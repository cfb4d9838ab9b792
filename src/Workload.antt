-- ===== src/Workload.antt =====
-- src/engine/workload.c: building and validating a workload.
pub mod Phases
pub mod Distinct
use preemptive_and_non_preem.Base.{
  ℕ, zero, suc, ◌+◌, ◌-◌, ◌*◌, ◌/◌, ◌%◌, ◌^◌, Bool, true, false, not, ◌&&◌, ◌||◌, Option, none,
  some, List, [], ◌∷◌, ◌++◌, ltb, leb, ◌==◌, if◌then◌else◌, length, take, drop,
}
use preemptive_and_non_preem.Base.Int.{ℤ, pos, negsuc, ◌+ℤ◌, ltb_ℤ, leb_ℤ, eqb_ℤ}
use preemptive_and_non_preem.Base.Sort.{qsort}
use preemptive_and_non_preem.Util.Checked.{ck_add_i64}
use preemptive_and_non_preem.Core.{
  Process, Workload, SchedStatus, ok, e_input, e_nomem, size_max, max_tickets, min_nice, max_nice,
  workload_phases,
}

-- The loop of `grow`: doubles the capacity until it suffices. `none` is an overflow.
pub double_until : ℕ → ℕ → ℕ → Option ℕ
double_until zero ncap need = none
double_until (suc fuel) ncap need =
    let rest = double_until fuel (ncap * 2) need in
    let grown = if ltb (size_max / 2) ncap then none else rest in
    if ltb ncap need then grown else some ncap

-- The new capacity, or `none`. 65 rounds are enough: a capacity of at least 1 passes `SIZE_MAX / 2`
-- after 63 doublings.
unfoldable pub grow : (ℕ → Bool) → ℕ → ℕ → ℕ → Option ℕ
unfolding double_until
grow alloc cap need size =
    let grown : Option ℕ = elim (double_until 65 (if cap == 0 then 16 else cap) need) [
      | none ↦ none
      | some ncap ↦
          if ltb (size_max / size) ncap
          then none
          else if alloc (ncap * size)
          then some ncap
          else none
    ] in
    if leb need cap then some cap else grown

-- The two sums that the loop of `workload_push_phases` makes, CPU first; `none` is an error.
unfoldable pub push_sums : Bool → ℤ → ℤ → List ℤ → Option (ℤ × ℤ)
push_sums is_io cpu io [] = some (cpu, io)
push_sums is_io cpu io (x ∷ xs) =
    let rest : Option (ℤ × ℤ) = elim (ck_add_i64 (if is_io then io else cpu) x) [
      | none ↦ none
      | some sum ↦ if is_io then push_sums false cpu sum xs else push_sums true sum io xs
    ] in
    if leb_ℤ x (pos 0) then none else rest

-- `sizeof(int64_t)` and `sizeof(Process)`.
abbrev pub size_i64 : ℕ
size_i64 = 8

abbrev pub size_process : ℕ
size_process = 72

-- The growing and copying half of `workload_push_phases`. A grown phase pool stays grown when the
-- second allocation fails.
unfoldable pub append_process :
    (ℕ → Bool) → Workload → Process → List ℤ → ℤ → ℤ → SchedStatus × Workload
unfolding grow
append_process alloc w p phases cpu io =
    let count = length phases in
    let start = length w.phases in
    let p' = record p { burst = cpu; io = io; phase_start = start; phase_count = count } in
    if ltb (size_max - count) start || length w.items == size_max
    then (e_nomem, w)
    else elim (grow alloc w.phases_cap (start + count) size_i64) [
      | none ↦ (e_nomem, w)
      | some phases_cap ↦ elim (grow alloc w.cap (length w.items + 1) size_process) [
        | none ↦ (e_nomem, record w { phases_cap = phases_cap })
        | some cap ↦ (
          ok,
          record {
            items = w.items ++ p' ∷ [];
            cap = cap;
            phases = w.phases ++ phases;
            phases_cap = phases_cap;
          },
        )
      ]
    ]

unfoldable pub workload_push_phases :
    (ℕ → Bool) → Workload → Process → List ℤ → SchedStatus × Workload
unfolding append_process push_sums
workload_push_phases alloc w p phases =
    if length phases == 0 || length phases % 2 == 0
    then (e_input, w)
    else elim (push_sums false (pos 0) (pos 0) phases) [
      | none ↦ (e_input, w)
      | some (cpu, io) ↦ append_process alloc w p phases cpu io
    ]

unfoldable pub workload_push : (ℕ → Bool) → Workload → Process → SchedStatus × Workload
unfolding workload_push_phases
workload_push alloc w p = workload_push_phases alloc w p (p.burst ∷ [])

unfoldable pub process_validate : Process → SchedStatus
process_validate p =
    if ltb_ℤ p.pid (pos 0)
    then e_input
    else if ltb_ℤ p.arrival (pos 0)
    then e_input
    else if leb_ℤ p.burst (pos 0)
    then e_input
    else if ltb_ℤ p.tickets (pos 1) || ltb_ℤ max_tickets p.tickets
    then e_input
    else if ltb_ℤ p.nice min_nice || ltb_ℤ max_nice p.nice
    then e_input
    else ok

-- The sums that the inner loop of `workload_validate` makes: CPU, I/O and the total so far.
unfoldable pub phase_sums : Bool → ℤ → ℤ → ℤ → List ℤ → Option (ℤ × ℤ × ℤ)
phase_sums is_io cpu io total [] = some (cpu, io, total)
phase_sums is_io cpu io total (x ∷ xs) =
    let rest : Option (ℤ × ℤ × ℤ) = elim (ck_add_i64 (if is_io then io else cpu) x) [
      | none ↦ none
      | some sum ↦ elim (ck_add_i64 total x) [
        | none ↦ none
        | some total' ↦
            if is_io then phase_sums false cpu sum total' xs else phase_sums true sum io total' xs
      ]
    ] in
    if leb_ℤ x (pos 0) then none else rest

-- One round of the outer loop: the latest arrival and the total, or `none`.
unfoldable pub validate_one : Workload → Process → ℤ → ℤ → Option (ℤ × ℤ)
unfolding process_validate phase_sums
validate_one w p max_arrival total = elim (process_validate p) [
  | ok ↦ elim (phase_sums false (pos 0) (pos 0) total (workload_phases w p)) [
    | none ↦ none
    | some (cpu, io, total') ↦
        if p.phase_count % 2 == 0 || not (eqb_ℤ cpu p.burst) || not (eqb_ℤ io p.io)
        then none
        else some (if ltb_ℤ max_arrival p.arrival then p.arrival else max_arrival, total')
  ]
  | _ ↦ none
]

unfoldable pub validate_all : Workload → List Process → ℤ → ℤ → Option (ℤ × ℤ)
unfolding validate_one
validate_all w [] max_arrival total = some (max_arrival, total)
validate_all w (p ∷ ps) max_arrival total = elim (validate_one w p max_arrival total) [
  | none ↦ none
  | some (max_arrival', total') ↦ validate_all w ps max_arrival' total'
]

pub pids_of : List Process → List ℤ
pids_of [] = []
pids_of (p ∷ ps) = p.pid ∷ pids_of ps

-- Whether two neighbours are equal.
unfoldable pub has_repeat : List ℤ → Bool
has_repeat [] = false
has_repeat (x ∷ []) = false
has_repeat (x ∷ y ∷ ys) = eqb_ℤ y x || has_repeat (y ∷ ys)

unfoldable pub workload_validate : (ℕ → Bool) → Workload → SchedStatus
unfolding validate_all pids_of has_repeat
workload_validate alloc w =
    if length w.items == 0 then e_input else elim (validate_all w w.items (pos 0) (pos 0)) [
      | none ↦ e_input
      | some (max_arrival, total) ↦ elim (ck_add_i64 max_arrival total) [
        | none ↦ e_input
        | some horizon ↦
            if not (alloc (length w.items * size_i64))
            then e_nomem
            else if has_repeat (qsort leb_ℤ (pids_of w.items))
            then e_input
            else ok
      ]
    ]

-- The loop of `workload_horizon`, which adds without a check.
pub horizon_from : ℤ → ℤ → List Process → ℤ
horizon_from max_arrival total [] = max_arrival +ℤ total
horizon_from max_arrival total (p ∷ ps) =
    horizon_from (if ltb_ℤ max_arrival p.arrival then p.arrival else max_arrival)
      (total +ℤ (p.burst +ℤ p.io)) ps

unfoldable pub workload_horizon : Workload → ℤ
unfolding horizon_from
workload_horizon w = horizon_from (pos 0) (pos 0) w.items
______
**DIRECTIONS FOR THIS TASK**
Filter the entries above and keep only the lines with the word "Option".

**ANSWER TO THIS EXERCISE**
  ℕ, zero, suc, ◌+◌, ◌-◌, ◌*◌, ◌/◌, ◌%◌, ◌^◌, Bool, true, false, not, ◌&&◌, ◌||◌, Option, none,
pub double_until : ℕ → ℕ → ℕ → Option ℕ
unfoldable pub grow : (ℕ → Bool) → ℕ → ℕ → ℕ → Option ℕ
    let grown : Option ℕ = elim (double_until 65 (if cap == 0 then 16 else cap) need) [
unfoldable pub push_sums : Bool → ℤ → ℤ → List ℤ → Option (ℤ × ℤ)
    let rest : Option (ℤ × ℤ) = elim (ck_add_i64 (if is_io then io else cpu) x) [
unfoldable pub phase_sums : Bool → ℤ → ℤ → ℤ → List ℤ → Option (ℤ × ℤ × ℤ)
    let rest : Option (ℤ × ℤ × ℤ) = elim (ck_add_i64 (if is_io then io else cpu) x) [
unfoldable pub validate_one : Workload → Process → ℤ → ℤ → Option (ℤ × ℤ)
unfoldable pub validate_all : Workload → List Process → ℤ → ℤ → Option (ℤ × ℤ)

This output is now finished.